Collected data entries
****
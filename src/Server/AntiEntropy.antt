-- ===== src/Server/AntiEntropy.antt =====
-- The Merkle trees of a server in src/kvsrv/merkle.go, and the repair of the differences that they
-- show, src/kvsrv/anti_entropy.go. `sha256` is the digest of `crypto/sha256`; `none` is an index out of
-- range, on a sector without buckets or on an empty summary.
pub mod Converge
pub mod Exchange
pub mod Buckets
pub mod Refresh
use dynamo_kvsrv_pbs.Prelude.{
  ℕ, ◌+◌, String, Bool, true, false, not, Option, none, some, List, [], ◌∷◌, ◌++◌, length,
  if◌then◌else◌, Bytes, string_eq, nat_eq, get_elem?,
}
use dynamo_kvsrv_pbs.GoMap.{GoMap, get, put}
use dynamo_kvsrv_pbs.Ring
use dynamo_kvsrv_pbs.Rpc.Object.{Object, copy_objects}
use dynamo_kvsrv_pbs.Rpc.Messages.{
  Err, ok, err_no_hash_value, KeyInfo, RepairArgs, RepairGetDiffArgs, RepairGetDiffReply,
}
use dynamo_kvsrv_pbs.Merkle.Tree.{
  MerkleNode, leaf, half, inner, hash_of, level_of, sector_of, SectorSnapshot, leaf_input,
  node_input, child_input, build_merkle_tree_from_snapshot, empty_hash, to_summary,
}
use dynamo_kvsrv_pbs.Merkle.Diff.{same_bytes, find_diff_buckets}
use dynamo_kvsrv_pbs.Server.{KvServer, siblings_of, get_siblings, row, get_keys_from_bucket}
use dynamo_kvsrv_pbs.Server.Store.{drain_dirty_sectors, merge_objects_core, repair_put}

-- The loops of `snapshotSector` over the keys of a bucket, and over the buckets.
unfoldable pub snapshot_keys :
    KvServer → List String → GoMap String (List Object) → GoMap String (List Object)
snapshot_keys kv [] siblings = siblings
snapshot_keys kv (k ∷ keys) siblings =
    snapshot_keys kv keys (put siblings k (copy_objects (siblings_of kv k)))

unfoldable pub snapshot_buckets :
    KvServer → List (List String) → GoMap String (List Object) → GoMap String (List Object)
unfolding snapshot_keys
snapshot_buckets kv [] siblings = siblings
snapshot_buckets kv (bucket ∷ buckets) siblings =
    snapshot_buckets kv buckets (snapshot_keys kv bucket siblings)

unfoldable pub snapshot_sector : KvServer → ℕ → SectorSnapshot
unfolding snapshot_buckets
snapshot_sector kv sector = record {
  keys_per_bucket = row kv.keys_in_buckets sector;
  siblings = snapshot_buckets kv (row kv.keys_in_buckets sector) [];
}

unfoldable pub get_merkle_root : KvServer → ℕ → Option MerkleNode
get_merkle_root kv sector = get kv.merkle_roots sector

-- The sectors from `first` on, one for each row of the table.
unfoldable pub sectors_from {ℓ} : {A : Type ℓ} → ℕ → List A → List ℕ
sectors_from first [] = []
sectors_from first (row ∷ rows) = first ∷ sectors_from (first + 1) rows

-- The loops of `RepairGetDiff` over the keys of a bucket, and over the buckets.
unfoldable pub key_infos : KvServer → List String → List KeyInfo
key_infos kv [] = []
key_infos kv (key ∷ keys) = record { key = key; objects = get_siblings kv key } ∷ key_infos kv keys

unfoldable pub bucket_infos : KvServer → ℕ → List ℕ → List KeyInfo
unfolding key_infos
bucket_infos kv sector [] = []
bucket_infos kv sector (bucket ∷ buckets) =
    key_infos kv (get_keys_from_bucket kv sector bucket) ++ bucket_infos kv sector buckets

module _ (sha256 : Bytes → Bytes) where
  -- `MakeMerkleLeaf` with the digest of `GetNodeDigest`.
  unfoldable pub make_merkle_leaf : KvServer → ℕ → ℕ → MerkleNode
  unfolding leaf_input
  make_merkle_leaf kv sector bucket =
      leaf sector bucket
        (sha256 (leaf_input (get_siblings kv) (get_keys_from_bucket kv sector bucket)))

  -- `MakeMerkleInternalNode` with the digest of `GetNodeDigest`.
  unfoldable pub make_merkle_internal_node : MerkleNode → Option MerkleNode → MerkleNode
  unfolding child_input
  make_merkle_internal_node left none =
      half (level_of left + 1) (sector_of left) left
        (sha256 (child_input (some left) ++ child_input none))
  make_merkle_internal_node left (some right) =
      inner (level_of left + 1) (sector_of left) left right
        (sha256 (child_input (some left) ++ child_input (some right)))

  unfoldable pub build_merkle_tree : KvServer → ℕ → Option MerkleNode
  unfolding build_merkle_tree_from_snapshot snapshot_sector
  build_merkle_tree kv sector =
      build_merkle_tree_from_snapshot sha256 sector (snapshot_sector kv sector)

  unfoldable pub rebuild_merkle_tree_for_sector : KvServer → ℕ → Option KvServer
  unfolding build_merkle_tree
  rebuild_merkle_tree_for_sector kv sector = elim (build_merkle_tree kv sector) [
    | none ↦ none
    | some root ↦ some (record kv { merkle_roots = put kv.merkle_roots sector root })
  ]

  -- The loops over sectors of `flushDirtyMerkle`.
  unfoldable pub rebuild_all : KvServer → List ℕ → Option KvServer
  unfolding rebuild_merkle_tree_for_sector
  rebuild_all kv [] = some kv
  rebuild_all kv (sector ∷ sectors) = elim (rebuild_merkle_tree_for_sector kv sector) [
    | none ↦ none
    | some kv' ↦ rebuild_all kv' sectors
  ]

  unfoldable pub flush_dirty_merkle : KvServer → Option KvServer
  unfolding rebuild_all
  flush_dirty_merkle kv = let (kv', sectors) = drain_dirty_sectors kv in rebuild_all kv' sectors

  unfoldable pub build_all_merkle_trees : KvServer → Option KvServer
  unfolding rebuild_all sectors_from
  build_all_merkle_trees kv = rebuild_all kv (sectors_from 0 kv.keys_in_buckets)

  unfoldable pub repair_get_diff : KvServer → RepairGetDiffArgs → Option RepairGetDiffReply
  unfolding find_diff_buckets bucket_infos same_bytes
  repair_get_diff kv args = elim (get_merkle_root kv args.sector) [
    | none ↦ some (record { diff_key_infos = []; err = err_no_hash_value })
    | some my_root ↦ elim (get_elem? args.summary.hashes 0) [
      | none ↦ none
      | some first ↦
          if same_bytes (hash_of my_root) first
          then some (record { diff_key_infos = []; err = ok })
          else elim (find_diff_buckets (empty_hash sha256) (to_summary my_root) args.summary) [
            | none ↦ none
            | some diff_buckets ↦
                some
                  (record { diff_key_infos = bucket_infos kv args.sector diff_buckets; err = ok })
          ]
    ]
  ]

-- What `Reconcile` sends to the owner of the neighbor sector, if the sector has a tree.
unfoldable pub reconcile_request : KvServer → ℕ → Option RepairGetDiffArgs
unfolding get_merkle_root to_summary
reconcile_request kv sector = elim (get_merkle_root kv sector) [
  | none ↦ none
  | some root ↦ some (record { sector = sector; summary = to_summary root })
]

-- The call of `RepairPut` for one key, where the merge has left objects.
unfoldable pub first_call : String → List Object → List RepairArgs → List RepairArgs
first_call key [] calls = calls
first_call key (o ∷ rest) calls =
    record { key = key; objects = o ∷ rest; is_delete = false } ∷ calls

-- `ApplyDiff`: the merges, and the calls of `RepairPut` in their order.
unfoldable pub apply_diff : List KeyInfo → KvServer → KvServer × List RepairArgs
unfolding first_call
apply_diff [] kv = (kv, [])
apply_diff (key_info ∷ infos) kv =
    let (kv', merged) = merge_objects_core kv key_info.key key_info.objects in
    let (kv'', calls) = apply_diff infos kv' in (kv'', first_call key_info.key merged calls)

-- `Reconcile` from the reply on; `none` is a failed call. The reply's error is not looked at where it
-- brings no differences: applying none does nothing.
unfoldable pub reconcile : KvServer → Option RepairGetDiffReply → KvServer × List RepairArgs
unfolding apply_diff
reconcile kv none = (kv, [])
reconcile kv (some reply) = elim reply.err [
  | err_no_hash_value ↦ (kv, [])
  | _ ↦ apply_diff reply.diff_key_infos kv
]

-- The neighbor after the calls of `RepairPut`.
unfoldable pub repair_all : List RepairArgs → KvServer → KvServer
repair_all [] kv = kv
repair_all (args ∷ calls) kv = repair_all calls (repair_put kv args).0
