-- ===== src/Server/Store/Siblings.antt =====
-- The versions that a server holds, and what `ReplicaPut` and `installObjects` of
-- src/kvsrv/server.go do to them.
use dynamo_kvsrv_pbs.Prelude.{
  ℕ, ◌≡◌, ◌≢◌, ◌⊎◌, ◌∙◌, refl, ap, String, true, false, none, List, [], ◌∷◌, arith, ◌==◌, string_eq,
  nat_eq, if◌then◌else◌, Bool-cases, inl, inr,
}
use dynamo_kvsrv_pbs.GoMap.{GoMap, get_or, put, delete, has, get-put, get-delete}
use dynamo_kvsrv_pbs.Rpc.Context
use dynamo_kvsrv_pbs.Rpc.Object.{Object, can_be_added_to, add_object, add_new, copy_objects}
use dynamo_kvsrv_pbs.Rpc.Object.Seen.{
  seen_by, seen_in, seen_in_trans, can_be_added_to-seen_in, seen_in-add_object,
  seen_in-add_object_self,
}
use dynamo_kvsrv_pbs.Rpc.Object.Antichain.{IsAntichain, add_object-IsAntichain, add_new-IsAntichain}
use dynamo_kvsrv_pbs.Rpc.Object.Sorted.{IsSorted, add_object-IsSorted, add_new-IsSorted}
use dynamo_kvsrv_pbs.Rpc.Object.Copies.{copy_objects-IsAntichain, copy_objects-IsSorted}
use dynamo_kvsrv_pbs.Rpc.Messages.{Err, ok, err_no_key, err_version, PutArgs}
use dynamo_kvsrv_pbs.Server.{KvServer, siblings_of, index_key}
use dynamo_kvsrv_pbs.Server.Store.{replica_put, install_put, install_objects, mark_sector_dirty}

-- Siblings are pairwise concurrent and in the order of their timestamps.
pub record IsWell (ss : List Object) : Type 0 where
  pub antichain : IsAntichain ss
  pub sorted : IsSorted ss

-- The siblings of every key are well formed.
pub record IsWellKept (kv : KvServer) : Type 0 where
  pub at_key : (key : String) → IsWell (siblings_of kv key)

-- The request as an object under the context that the client read.
abbrev pub base_of : PutArgs → Object
base_of args = record { value = args.object.value; context = args.base_context }

add_object-IsWell :
    (ss : List Object) (c : Object)
    → can_be_added_to c ss ≡ true
    → IsWell ss
    → IsWell (add_object ss c none)
add_object-IsWell ss c h w = record {
  antichain = add_object-IsAntichain ss c none h w.antichain;
  sorted = add_object-IsSorted ss c h w.sorted;
}

pub add_new-IsWell : (ss objs : List Object) → IsWell ss → IsWell (add_new ss objs)
add_new-IsWell ss objs w = record {
  antichain = add_new-IsAntichain ss objs w.antichain;
  sorted = add_new-IsSorted ss objs w.sorted;
}

pub copy_objects-IsWell : (ss : List Object) → IsWell ss → IsWell (copy_objects ss)
copy_objects-IsWell ss w = record {
  antichain = copy_objects-IsAntichain ss w.antichain;
  sorted = copy_objects-IsSorted ss w.sorted;
}

pub nil-IsWell : IsWell []
nil-IsWell = record { antichain = tt; sorted = tt }

kv-index_key :
    (f : List String → String → List String) (kv : KvServer) (key : String)
    → (index_key f kv key).kv ≡ kv.kv
unfolding index_key
kv-index_key f kv key = refl

kv-mark_sector_dirty : (kv : KvServer) (s : ℕ) → (mark_sector_dirty kv s).kv ≡ kv.kv
unfolding mark_sector_dirty
kv-mark_sector_dirty kv s = ground arith

lookup : GoMap String (List Object) → String → List Object
unfolding get_or
lookup m key = get_or m key []

lookup-put :
    (m : GoMap String (List Object)) (k j : String) (v : List Object)
    → lookup (put m k v) j ≡ (if k == j then v else lookup m j)
unfolding lookup
lookup-put m k j v = rw get-put (ground arith)

lookup-delete :
    (m : GoMap String (List Object)) (k j : String)
    → lookup (delete m k) j ≡ (if k == j then [] else lookup m j)
unfolding lookup
lookup-delete m k j = rw get-delete (ground arith)

kv-install_put :
    (kv : KvServer) (args : PutArgs)
    → (install_put kv args).kv
      ≡ put kv.kv args.key (add_object (siblings_of kv args.key) args.object none)
unfolding install_put
kv-install_put kv args = elim (Bool-cases (Context.is_initial args.base_context)) [
  | inl e ↦ rw (e, kv-index_key)
  | inr e ↦ rw e
]

-- What an accepted put leaves at each key.
pub siblings-install_put :
    (kv : KvServer) (args : PutArgs) (key : String)
    → siblings_of (install_put kv args) key ≡ (
        if args.key == key
        then add_object (siblings_of kv args.key) args.object none
        else siblings_of kv key)
unfolding siblings_of lookup
siblings-install_put kv args key =
    ap (λ m. lookup m key) (kv-install_put kv args)
    ∙ lookup-put kv.kv args.key key (add_object (siblings_of kv args.key) args.object none)

kv-install_nil : (kv : KvServer) (key : String) → (install_objects kv key []).kv ≡ delete kv.kv key
unfolding install_objects
kv-install_nil kv key = rw kv-mark_sector_dirty (rw kv-index_key)

kv-install_cons :
    (kv : KvServer) (key : String) (o : Object) (objects : List Object)
    → (install_objects kv key (o ∷ objects)).kv ≡ put kv.kv key (copy_objects (o ∷ objects))
unfolding install_objects
kv-install_cons kv key o objects = elim (Bool-cases (has kv.kv key)) [
  | inl e ↦ rw (e, kv-mark_sector_dirty)
  | inr e ↦ rw (e, kv-mark_sector_dirty, kv-index_key)
]

-- `installObjects` leaves copies of the objects at the key, and every other key as it was.
pub siblings-install_objects :
    (kv : KvServer) (key : String) (objects : List Object) (j : String)
    → siblings_of (install_objects kv key objects) j
      ≡ (if key == j then copy_objects objects else siblings_of kv j)
unfolding siblings_of lookup copy_objects
siblings-install_objects kv key [] j =
    ap (λ m. lookup m j) (kv-install_nil kv key) ∙ lookup-delete kv.kv key j
siblings-install_objects kv key (o ∷ objects) j =
    ap (λ m. lookup m j) (kv-install_cons kv key o objects)
    ∙ lookup-put kv.kv key j (copy_objects (o ∷ objects))

-- What the put of a request that extends its base context does to the siblings of the key.
add_put-IsWell :
    (ss : List Object) (args : PutArgs)
    → seen_by (base_of args) args.object ≡ true
    → can_be_added_to (base_of args) ss ≡ true
    → can_be_added_to args.object ss ≡ true
add_put-IsWell ss args h k = elim (Bool-cases (seen_in args.object ss)) [
  | inl e ↦ absurd (
      ground (
        arith,
        can_be_added_to-seen_in (base_of args) ss,
        seen_in_trans (base_of args) args.object ss h e,
      ))
  | inr e ↦ ground (arith, can_be_added_to-seen_in args.object ss)
]

-- The three outcomes of `ReplicaPut`, each with the state that it leaves: a missing key and a base
-- context with a version; a sibling that includes the base context; and otherwise the object among
-- the siblings.
pub data Put (kv : KvServer) (args : PutArgs) (r : KvServer × Err) : Type 0 where
  no_key :
      has kv.kv args.key ≡ false
      → Context.is_initial args.base_context ≡ false
      → r ≡ (kv, err_no_key)
      → Put kv args r
  version :
      (has kv.kv args.key ≡ true) ⊎ (Context.is_initial args.base_context ≡ true)
      → seen_in (base_of args) (siblings_of kv args.key) ≡ true
      → r ≡ (kv, err_version)
      → Put kv args r
  accepted :
      (has kv.kv args.key ≡ true) ⊎ (Context.is_initial args.base_context ≡ true)
      → seen_in (base_of args) (siblings_of kv args.key) ≡ false
      → r ≡ (install_put kv args, ok)
      → Put kv args r

module _ (kv : KvServer) (args : PutArgs) where
  Put-checked :
      (has kv.kv args.key ≡ true) ⊎ (Context.is_initial args.base_context ≡ true)
      → Put kv args (replica_put kv args)
  unfolding replica_put
  Put-checked g = elim (Bool-cases (can_be_added_to (base_of args) (siblings_of kv args.key))) [
    | inl c ↦
        accepted g
          (ground (arith, can_be_added_to-seen_in (base_of args) (siblings_of kv args.key)))
          (ground arith)
    | inr c ↦
        version g (ground (arith, can_be_added_to-seen_in (base_of args) (siblings_of kv args.key)))
          (ground arith)
  ]

  pub replica_put-Put : Put kv args (replica_put kv args)
  unfolding replica_put
  replica_put-Put = elim (Bool-cases (has kv.kv args.key)) [
    | inl h ↦ Put-checked (inl h)
    | inr h ↦ elim (Bool-cases (Context.is_initial args.base_context)) [
      | inl i ↦ Put-checked (inr i)
      | inr i ↦ no_key h i (ground arith)
    ]
  ]

  install_put-IsWellKept :
      seen_by (base_of args) args.object ≡ true
      → seen_in (base_of args) (siblings_of kv args.key) ≡ false
      → IsWellKept kv
      → IsWellKept (install_put kv args)
  install_put-IsWellKept h n w = record {
    at_key = λ key. rw siblings-install_put (elim (Bool-cases (args.key == key)) [
      | inl e ↦ rw e (
          add_object-IsWell _ args.object (fresh (rw can_be_added_to-seen_in (rw n)))
            (w.at_key args.key))
      | inr e ↦ rw e (w.at_key key)
    ]);
  }
    where
      fresh :
          can_be_added_to (base_of args) (siblings_of kv args.key) ≡ true
          → can_be_added_to args.object (siblings_of kv args.key) ≡ true
      fresh = add_put-IsWell (siblings_of kv args.key) args h

  -- ReplicaPut keeps the siblings of every key pairwise concurrent and in the order of their
  -- timestamps, if the object's clock includes that of the base context.
  pub replica_put-IsWellKept :
      seen_by (base_of args) args.object ≡ true → IsWellKept kv → IsWellKept (replica_put kv args).0
  replica_put-IsWellKept h w = elim replica_put-Put [
    | no_key a b e ↦ rw e w
    | version a b e ↦ rw e w
    | accepted a b e ↦ rw e (install_put-IsWellKept h b w)
  ]

  -- ReplicaPut loses no version: what some sibling of a key included before, some sibling
  -- includes after.
  pub replica_put_keeps :
      (x : Object) (key : String)
      → seen_in x (siblings_of kv key) ≡ true
      → seen_in x (siblings_of (replica_put kv args).0 key) ≡ true
  replica_put_keeps x key h = elim replica_put-Put [
    | no_key a b e ↦ rw e h
    | version a b e ↦ rw e h
    | accepted a b e ↦ rw e (
        rw siblings-install_put (
          ground (
            arith,
            string_eq.beq_iff args.key key,
            seen_in-add_object (siblings_of kv key) args.object none x h,
          )))
  ]

  -- After ReplicaPut replies OK some sibling of the key includes the version of the object, and
  -- the siblings of the other keys are what they were.
  pub replica_put_accepted :
      (replica_put kv args).1 ≡ ok
      → (seen_in args.object (siblings_of (replica_put kv args).0 args.key) ≡ true)
        × ((key : String)
            → args.key ≢ key
            → siblings_of (replica_put kv args).0 key ≡ siblings_of kv key)
  replica_put_accepted h = elim replica_put-Put [
    | no_key a b e ↦ let k : err_no_key ≡ ok = rw e at h in absurd (cc)
    | version a b e ↦ let k : err_version ≡ ok = rw e at h in absurd (cc)
    | accepted a b e ↦ rw e (
      rw siblings-install_put (
          ground (
            arith,
            string_eq.beq_iff args.key args.key,
            seen_in-add_object_self (siblings_of kv args.key) args.object none,
          )),
      λ key ne. rw siblings-install_put (ground (arith, string_eq.beq_iff args.key key)),
    )
  ]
****
Word for word, output the lines of the data from its first line through the line where "pub mod Refresh" appears, and stop there.

• _ANSWER AREA_
filename src/Server/AntiEntropy.antt
-- ===== src/Server/AntiEntropy.antt =====
-- The Merkle trees of a server in src/kvsrv/merkle.go, and the repair of the differences that they
-- show, src/kvsrv/anti_entropy.go. `sha256` is the digest of `crypto/sha256`; `none` is an index out of
-- range, on a sector without buckets or on an empty summary.
pub mod Converge
pub mod Exchange
pub mod Buckets
pub mod Refresh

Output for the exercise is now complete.